[Collected data entries]
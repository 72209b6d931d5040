-- ===== src/Demo/Functions.antt =====
-- The coroutines of demo/example_rpc.cpp that can be called from afar, the sum of points of
-- demo/point.h, and the root frame that a request makes of them. An int64_t is its bit pattern.
use new_rpc.Base.{
  ℕ, ◌+◌, ◌*◌, ◌%◌, ◌^◌, Bool, true, false, not, ◌&&◌, List, [], ◌∷◌, some, leb, if◌then◌else◌,
}
use new_rpc.Serialization.Memory.{Result, ok, undefined, ◌>>=◌, Endian}
use new_rpc.Serialization.Types.{Val, Vals}
use new_rpc.Net.Mapper.{
  Function, example_add, example_echo, example_add_point, args_tuple, return_type, Task,
}
use new_rpc.Coroutine.Frame.{LinkedCoroutine, Frames, put_frame, make_frame}
use new_rpc.Coroutine.Task.{Finished, final_suspend}

abbrev pub is_negative : ℕ → Bool
is_negative a = leb (2 ^ 63) a

abbrev pub same : Bool → Bool → Bool
same true b = b
same false b = not b

-- `a + b` on int64_t: the sum of two numbers of one sign must have that sign.
unfoldable pub add_int64 : ℕ → ℕ → Result ℕ
add_int64 a b =
    let sum = (a + b) % 2 ^ 64 in
    if same (is_negative a) (is_negative b) && not (same (is_negative sum) (is_negative a))
    then undefined
    else ok sum

-- What a coroutine does: how long it sleeps, in nanoseconds, and what it returns.
pub record Run {ℓ} (A : Type ℓ) : Type ℓ where
  pub sleeps : List ℕ
  pub result : A

unfoldable pub add : (a b : ℕ) → Result (Run ℕ)
unfolding add_int64
add a b = add_int64 a b >>= λ ret. ok (record { sleeps = 1000000000 ∷ []; result = ret })

-- `Point::operator+`.
unfoldable pub add_points : ℕ × ℕ → ℕ × ℕ → Result (ℕ × ℕ)
unfolding add_int64
add_points (ax, ay) (bx, by) = do x ← add_int64 ax bx; y ← add_int64 ay by; ok (x, y)

unfoldable pub add_point : ℕ × ℕ → ℕ × ℕ → Result (Run (ℕ × ℕ))
unfolding add_points
add_point a b = add_points a b >>= λ ret. ok (record { sleeps = []; result = ret })

-- `rand` is what the random generator gives, from 0 to 100.
unfoldable pub echo : (rand : ℕ) → Result (Run ℕ)
echo rand = ok (record { sleeps = (rand * 1000000) ∷ []; result = 0 })

-- A call of a function here, on the arguments as they were read.
unfoldable pub call_function :
    (f : Function) → Vals (args_tuple f) → (rand : ℕ) → Result (Run (Val (return_type f)))
unfolding add add_point echo
call_function example_add (a, (b, _)) rand = add a b
call_function example_echo vs rand = echo rand
call_function example_add_point ((ax, (ay, _)), ((bx, (by, _)), _)) rand =
    add_point (ax, ay) (bx, by) >>= λ r.
    ok (record { sleeps = r.sleeps; result = (r.result.0, (r.result.1, tt)) })

-- The frame that a request makes at the address `p`: a root with the locals that say whom to answer.
unfoldable pub task_frame : Task → (coro_id p : ℕ) → LinkedCoroutine
unfolding make_frame
task_frame task coro_id p = record (make_frame p) {
  coro_local_var =
      some (record { coro_id = coro_id; wake_up_ts = 0; response_info = some task.response_info });
  has_running_cnt = true;
}

-- The task's coroutine runs to its end.
unfoldable pub run_task :
    Endian → (listen_port : ℕ) → Task → Frames → (self coro_id rand running : ℕ) → Result Finished
unfolding task_frame
run_task e listen_port task fr self coro_id rand running = do
  r ← call_function task.function task.args rand
  final_suspend e listen_port (return_type task.function) r.result
      (put_frame fr self (task_frame task coro_id self)) self running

WORK REQUEST: For this task, write out exactly the lines of the entries above, starting at the line with "-- ===== src/Demo/Functions.antt" and ending at the line with "unfolding add_points", both included, and no others.

FINISHED TASK:
-- ===== src/Demo/Functions.antt =====
-- The coroutines of demo/example_rpc.cpp that can be called from afar, the sum of points of
-- demo/point.h, and the root frame that a request makes of them. An int64_t is its bit pattern.
use new_rpc.Base.{
  ℕ, ◌+◌, ◌*◌, ◌%◌, ◌^◌, Bool, true, false, not, ◌&&◌, List, [], ◌∷◌, some, leb, if◌then◌else◌,
}
use new_rpc.Serialization.Memory.{Result, ok, undefined, ◌>>=◌, Endian}
use new_rpc.Serialization.Types.{Val, Vals}
use new_rpc.Net.Mapper.{
  Function, example_add, example_echo, example_add_point, args_tuple, return_type, Task,
}
use new_rpc.Coroutine.Frame.{LinkedCoroutine, Frames, put_frame, make_frame}
use new_rpc.Coroutine.Task.{Finished, final_suspend}

abbrev pub is_negative : ℕ → Bool
is_negative a = leb (2 ^ 63) a

abbrev pub same : Bool → Bool → Bool
same true b = b
same false b = not b

-- `a + b` on int64_t: the sum of two numbers of one sign must have that sign.
unfoldable pub add_int64 : ℕ → ℕ → Result ℕ
add_int64 a b =
    let sum = (a + b) % 2 ^ 64 in
    if same (is_negative a) (is_negative b) && not (same (is_negative sum) (is_negative a))
    then undefined
    else ok sum

-- What a coroutine does: how long it sleeps, in nanoseconds, and what it returns.
pub record Run {ℓ} (A : Type ℓ) : Type ℓ where
  pub sleeps : List ℕ
  pub result : A

unfoldable pub add : (a b : ℕ) → Result (Run ℕ)
unfolding add_int64
add a b = add_int64 a b >>= λ ret. ok (record { sleeps = 1000000000 ∷ []; result = ret })

-- `Point::operator+`.
unfoldable pub add_points : ℕ × ℕ → ℕ × ℕ → Result (ℕ × ℕ)
unfolding add_int64
add_points (ax, ay) (bx, by) = do x ← add_int64 ax bx; y ← add_int64 ay by; ok (x, y)

unfoldable pub add_point : ℕ × ℕ → ℕ × ℕ → Result (Run (ℕ × ℕ))
unfolding add_points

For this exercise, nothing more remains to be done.